FIG. 1 is a schematic layout diagram of a conventional standard cell 100 of a 2-input NOR logic gate. The standard cell 100 includes first and second active regions 102a and 102b, first through twelfth metal layers 104a-104l (collectively referred to as metal layers 104), first through fourth gate electrodes 106a-106d (collectively referred to as gate electrodes 106), and first through nineteenth metal contacts 108a-108s (collectively referred to as metal contacts 108). The metal layers 104 are implemented as power layers and signal layers. The signal layers route clock signals and input signals. The metal layers 104a and 104b form power supply (V_dd) and ground (v_ss) terminals, respectively. The gate electrodes 106 are disposed over the first and second active regions 102a and 102b. The first and second gate electrodes 106a and 106b form a first folded transistor FT1 in the first active region 102a and a third folded transistor FT3 in the second active region 102b. The third and fourth gate electrodes 106c and 106d form a second folded transistor FT2 in the first active region 102a and a fourth folded transistor FT4 in the second active region 102b. The first and second active regions 102a and 102b include a plurality of source and drain regions that are formed adjacent to the gate electrodes 106. The first and second folded transistors FT1 and FT2 are p-type metal-oxide semiconductor (PMOS) transistors and the third and fourth folded transistors FT3 and FT4 are n-type MOS (NMOS) transistors.

The first gate electrode 106a is connected to the second gate electrode 106b by way of the metal layer 104g and the metal contacts 108i and 108j. The third gate electrode 106c is connected to the fourth gate electrode 106d by way of the metal layer 104h and the metal contacts 108k and 108l. The metal layers 104g and 104h receive first and second inputs, respectively. The metal layer 104a connects power supply (V_dd) to the source region of the first folded transistor FT1 by way of the metal layer 104i and the metal contacts 108m and 108o. A portion of the first active region 102a formed between the gate electrodes 106a and 106b forms the source region of the first folded transistor FT1. The first and second folded transistors FT1 and FT2 share a portion of the first active region 102a that is formed between the gate electrodes 106b and 106c. This shared portion of the first active region 102a forms the drain and source regions of the first and the second folded transistors, FT1 and FT2, respectively. The drain regions of the first folded transistor FT1 are connected to the source regions of the second folded transistor FT2 by way of the metal layer 104j and the metal contacts 108q, 108r, and 108s. The drain region of the second folded transistor FT2 is connected to the drain regions of the third and fourth folded transistors FT3 and FT4 by way of the metal layers 104f and 104l and the metal contacts 108p, 108h, and 108g. The metal layer 104b connects ground to the source regions of the third and fourth folded transistors FT3 and FT4 by way of the metal layers 104c, 104d, and 104e and the metal contacts 108a, 108b, 108c, 108d, 108e, and 108f. An output signal V_outis obtained at the metal layer 104k from the metal layer 104l by way of the metal contact 108n. The metal layers 104 may be metal-1 layers or metal-2 layers. The metal-1 layers are connected to the drain and source regions by way of metal contacts while the metal-2 layers are connected thereto by way of a combination of the metal contacts and vias.

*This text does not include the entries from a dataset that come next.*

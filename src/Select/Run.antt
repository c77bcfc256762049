-- ===== src/Select/Run.antt =====
-- Every operation of `SelectListComponent` as a value, and what holds of all of them.
use codeng.Prelude.{
  ℕ, suc, ◌+◌, ◌-◌, ◌≤◌, ◌<◌, ◌≡◌, refl, arith, Bool, true, false, Option, none, some, List, [],
  ◌∷◌, ◌++◌, ◌==◌, leb, if◌then◌else◌, not, ◌&&◌, length, length-append, delete_at, is_empty,
  Bool-cases, zero, length-delete_at, subst, inl, inr, Option-cases,
}
use codeng.Prelude.Int.{ℤ, pos, negsuc, clamp}
use codeng.Workflow.Data.{Text}
use codeng.Select.State.{
  SelectItem, SelectList, sync_view_offset, index_of, set_items, init, no_items, emptied, add_item,
  index_after, remove_index, remove_item_by_id, clear_items, set_selected_index, choose,
  is_selected, index_up, index_down, at_last, move_selection_up, move_selection_down, Key, up, down,
  enter, escape, other, on_key_event, select_current, cancel,
}
use codeng.Select.Valid.{IsIndex, IsValid, sync_view_offset-IsValid, set_items-IsValid, index_of-lt}

init-IsValid : (items : Option (List SelectItem)) (allow : Bool) → IsValid (init items allow)
unfolding init
init-IsValid none allow = record { index = λ _. refl; shown = tt; full = omega arith }
init-IsValid (some items) allow = set_items-IsValid items (no_items allow)

-- an index stays one in a longer list, except for none where there have to be one
longer :
    (allow : Bool) (n m : ℕ) (s : Option ℕ)
    → n ≤ m
    → (n ≡ 0 → m ≡ 0)
    → IsIndex allow n s
    → IsIndex allow m s
longer allow n m none le same h = λ p. same (h p)
longer allow n m (some i) le same h = omega (arith, h, le)

if-IsIndex :
    (b : Bool) (l l' : SelectList)
    → (b ≡ true → IsIndex l.allow_no_selection (length l.items) l.selected_index)
    → (b ≡ false → IsIndex l'.allow_no_selection (length l'.items) l'.selected_index)
    → IsValid (sync_view_offset (if b then l else l'))
if-IsIndex true l l' h h' = sync_view_offset-IsValid l (h refl)
if-IsIndex false l l' h h' = sync_view_offset-IsValid l' (h' refl)

if-IsValid :
    (b : Bool) (l l' : SelectList)
    → (b ≡ true → IsValid l)
    → (b ≡ false → IsValid l')
    → IsValid (if b then l else l')
if-IsValid true l l' h h' = h refl
if-IsValid false l l' h h' = h' refl

add_item-IsValid : (x : SelectItem) (l : SelectList) → IsValid l → IsValid (add_item x l)
unfolding add_item
add_item-IsValid x l v =
    let items = l.items ++ x ∷ [] in
    let size : length (l.items ++ x ∷ []) ≡ suc (length l.items) =
      omega (arith, length-append l.items (x ∷ [])) in
    if-IsIndex (length items == 1)
      (record l { items = items; selected_index = some 0; view_offset = 0 })
      (record l { items = items }) (λ _. omega (arith, size))
      (λ more.
        longer l.allow_no_selection (length l.items) (length items) l.selected_index
          (omega (arith, size)) (λ zero_size. absurd (ground (arith, size))) v.index)

index_after-IsIndex :
    (allow : Bool) (index size : ℕ) (s : Option ℕ)
    → IsIndex allow (suc size) s
    → 0 < size
    → IsIndex allow size (index_after index size s)
index_after-IsIndex allow index size none h more = λ p. absurd (omega (arith, h p))
index_after-IsIndex allow index size (some i) h more = ground arith

clear_items-IsValid : (l : SelectList) → IsValid l → IsValid (clear_items l)
unfolding clear_items
clear_items-IsValid l v =
    if-IsValid (is_empty l.items) l (emptied l) (λ _. v)
      (λ _. record { index = λ _. refl; shown = tt; full = omega arith })

choose-IsValid :
    (s : Option ℕ) (l : SelectList)
    → IsIndex l.allow_no_selection (length l.items) s
    → IsValid (choose s l)
choose-IsValid s l h = sync_view_offset-IsValid _ h

index_up-IsIndex :
    (allow : Bool) (size : ℕ) (s : Option ℕ)
    → 0 < size
    → IsIndex allow size s
    → IsIndex allow size (index_up allow size s)
index_up-IsIndex true size none more h = omega arith
index_up-IsIndex false size none more h = omega arith
index_up-IsIndex true size (some zero) more h = λ p. absurd (cc p)
index_up-IsIndex false size (some zero) more h = omega arith
index_up-IsIndex true size (some (suc i)) more h = ground arith
index_up-IsIndex false size (some (suc i)) more h = ground arith

index_down-IsIndex :
    (allow : Bool) (size : ℕ) (s : Option ℕ)
    → 0 < size
    → (not allow && at_last s size) ≡ false
    → IsIndex allow size s
    → IsIndex allow size (index_down size s)
index_down-IsIndex allow size none more free h = omega arith
index_down-IsIndex allow size (some i) more free h = elim (Bool-cases (leb (size - 1) i)) [
  | inl last ↦ rw (last, index_down) (λ p. absurd (ground arith))
  | inr earlier ↦ rw (earlier, index_down) (ground arith)
]

is_empty-length : (items : List SelectItem) → is_empty items ≡ true → length items ≡ 0
is_empty-length [] h = refl
is_empty-length (x ∷ xs) h = absurd (cc h)

is_empty-size : (items : List SelectItem) → is_empty items ≡ false → 0 < length items
is_empty-size [] h = absurd (cc h)
is_empty-size (x ∷ xs) h = omega arith

move_selection_up-IsValid : (l : SelectList) → IsValid l → IsValid (move_selection_up l)
unfolding move_selection_up
move_selection_up-IsValid l v =
    let s = index_up l.allow_no_selection (length l.items) l.selected_index in
    let stays = not l.allow_no_selection && is_selected l.selected_index 0 in
    if-IsValid (is_empty l.items) l (if stays then l else choose s l) (λ _. v)
      (λ some_item.
        if-IsValid stays l (choose s l) (λ _. v)
          (λ _. choose-IsValid s l (
            index_up-IsIndex l.allow_no_selection (length l.items) l.selected_index
              (is_empty-size l.items some_item) v.index)))

move_selection_down-IsValid : (l : SelectList) → IsValid l → IsValid (move_selection_down l)
unfolding move_selection_down
move_selection_down-IsValid l v =
    let s = index_down (length l.items) l.selected_index in
    let stays = not l.allow_no_selection && at_last l.selected_index (length l.items) in
    if-IsValid (is_empty l.items) l (if stays then l else choose s l) (λ _. v)
      (λ some_item.
        if-IsValid stays l (choose s l) (λ _. v)
          (λ free. choose-IsValid s l (
            index_down-IsIndex l.allow_no_selection (length l.items) l.selected_index
              (is_empty-size l.items some_item) free v.index)))

remove_index-IsValid :
    (i : ℕ) (l : SelectList) → i < length l.items → IsValid l → IsValid (remove_index i l)
remove_index-IsValid i l lt v =
    let items = delete_at l.items i in
    let size : length items + 1 ≡ length l.items = length-delete_at l.items i lt in
    if-IsIndex (is_empty items) (record l { items = items; selected_index = none; view_offset = 0 })
      (record l { items = items; selected_index = index_after i (length items) l.selected_index })
      (λ none_left _. is_empty-length items none_left)
      (λ some_left.
        index_after-IsIndex l.allow_no_selection i (length items) l.selected_index
          (subst (λ n. IsIndex l.allow_no_selection n l.selected_index) (omega (arith, size))
            v.index)
          (is_empty-size items some_left))

remove_item_by_id-IsValid :
    (k : Text) (l : SelectList) → IsValid l → IsValid (remove_item_by_id k l)
unfolding remove_item_by_id
remove_item_by_id-IsValid k l v = elim (Option-cases (index_of k l.items)) [
  | inl missing ↦ rw (missing, remove_item_by_id) v
  | inr (i, there) ↦
      rw (there, remove_item_by_id) (remove_index-IsValid i l (index_of-lt k l.items i there) v)
]

clamp-lt : (index : ℤ) (size : ℕ) → 0 < size → clamp index (size - 1) < size
clamp-lt (pos i) size h = ground arith
clamp-lt (negsuc i) size h = omega arith

set_selected_index-IsValid :
    (i : Option ℤ) (l : SelectList) → IsValid l → IsValid (set_selected_index i l)
unfolding set_selected_index
set_selected_index-IsValid none l v =
    let taken_back : SelectList = elim l.selected_index [ none ↦ l | some i ↦ choose none l ] in
    if-IsValid (is_empty l.items) l (if not l.allow_no_selection then l else taken_back) (λ _. v)
      (λ _.
        if-IsValid (not l.allow_no_selection) l taken_back (λ _. v)
          (λ allowed. elim (Option-cases l.selected_index) [
            | inl missing ↦ rw missing v
            | inr (i, there) ↦ rw there (choose-IsValid none l (λ refused. absurd (ground arith)))
          ]))
set_selected_index-IsValid (some index) l v =
    let i = clamp index (length l.items - 1) in
    let same = is_selected l.selected_index i in
    if-IsValid (is_empty l.items) l (if same then l else choose (some i) l) (λ _. v)
      (λ some_item.
        if-IsValid same l (choose (some i) l) (λ _. v)
          (λ _.
            choose-IsValid (some i) l
              (clamp-lt index (length l.items) (is_empty-size l.items some_item))))

pub data Operation : Type 0 where
  set : List SelectItem → Operation
  add : SelectItem → Operation
  remove : Text → Operation
  select : Option ℤ → Operation
  clear : Operation
  key : Bool → Key → Operation

unfoldable pub run : Operation → SelectList → SelectList
run (set items) l = set_items items l
run (add x) l = add_item x l
run (remove k) l = remove_item_by_id k l
run (select i) l = set_selected_index i l
run clear l = clear_items l
run (key pressed k) l = on_key_event pressed k l

unfoldable pub run_each : List Operation → SelectList → SelectList
unfolding run
run_each [] l = l
run_each (o ∷ os) l = run_each os (run o l)

on_key_event-IsValid :
    (pressed : Bool) (k : Key) (l : SelectList) → IsValid l → IsValid (on_key_event pressed k l)
unfolding on_key_event select_current cancel
on_key_event-IsValid false k l v = v
on_key_event-IsValid true up l v = move_selection_up-IsValid l v
on_key_event-IsValid true down l v = move_selection_down-IsValid l v
on_key_event-IsValid true enter l v = record { index = v.index; shown = v.shown; full = v.full }
on_key_event-IsValid true escape l v = record { index = v.index; shown = v.shown; full = v.full }
on_key_event-IsValid true other l v = v

run-IsValid : (o : Operation) (l : SelectList) → IsValid l → IsValid (run o l)
unfolding run
run-IsValid (set items) l v = set_items-IsValid items l
run-IsValid (add x) l v = add_item-IsValid x l v
run-IsValid (remove k) l v = remove_item_by_id-IsValid k l v
run-IsValid (select i) l v = set_selected_index-IsValid i l v
run-IsValid clear l v = clear_items-IsValid l v
run-IsValid (key pressed k) l v = on_key_event-IsValid pressed k l v

run_each-from : (os : List Operation) (l : SelectList) → IsValid l → IsValid (run_each os l)
unfolding run_each
run_each-from [] l v = v
run_each-from (o ∷ os) l v = run_each-from os (run o l) (run-IsValid o l v)

-- Whatever operations and keys follow one another on a new list, the selection is an item of the
-- list, it is there where no selection is not allowed and there are items, the window shows it, and
-- the window does not go past the last item.
pub run_each-IsValid :
    (items : Option (List SelectItem)) (allow : Bool) (os : List Operation)
    → IsValid (run_each os (init items allow))
run_each-IsValid items allow os = run_each-from os (init items allow) (init-IsValid items allow)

FIG. 2 is a schematic layout diagram of a conventional standard cell 200 of a 2-input NAND logic gate. The standard cell 200 includes first and second active regions 202a and 202b, first through twelfth metal layers 204a-204l (collectively referred to as metal layers 204), first through fourth gate electrodes 206a-206d (collectively referred to as gate electrodes 206), and first through nineteenth metal contacts 208a-208s (collectively referred to as metal contacts 208). The metal layers 204 are implemented as power layers and signal layers. The signal layers route clock signals and input signals. The metal layers 204a and 204b form power supply (V_dd) and ground (v_ss) terminals, respectively. The gate electrodes 206 are disposed over the first and second active regions 202a and 202b. The first and second gate electrodes 206a and 206b form a first folded transistor FT1 in the first active region 202a and a third folded transistor FT3 in the second active region 202b. The third and fourth gate electrodes 206c and 206d form a second folded transistor FT2 in the first active region 202a and a fourth folded transistor FT4 in the second active region 202b. The first and second active regions 202a and 202b include a plurality of source and drain regions that are formed adjacent to the gate electrodes 206. The first and second folded transistors FT1 and FT2 are PMOS transistors and the third and fourth folded transistors FT3 and FT4 are NMOS transistors.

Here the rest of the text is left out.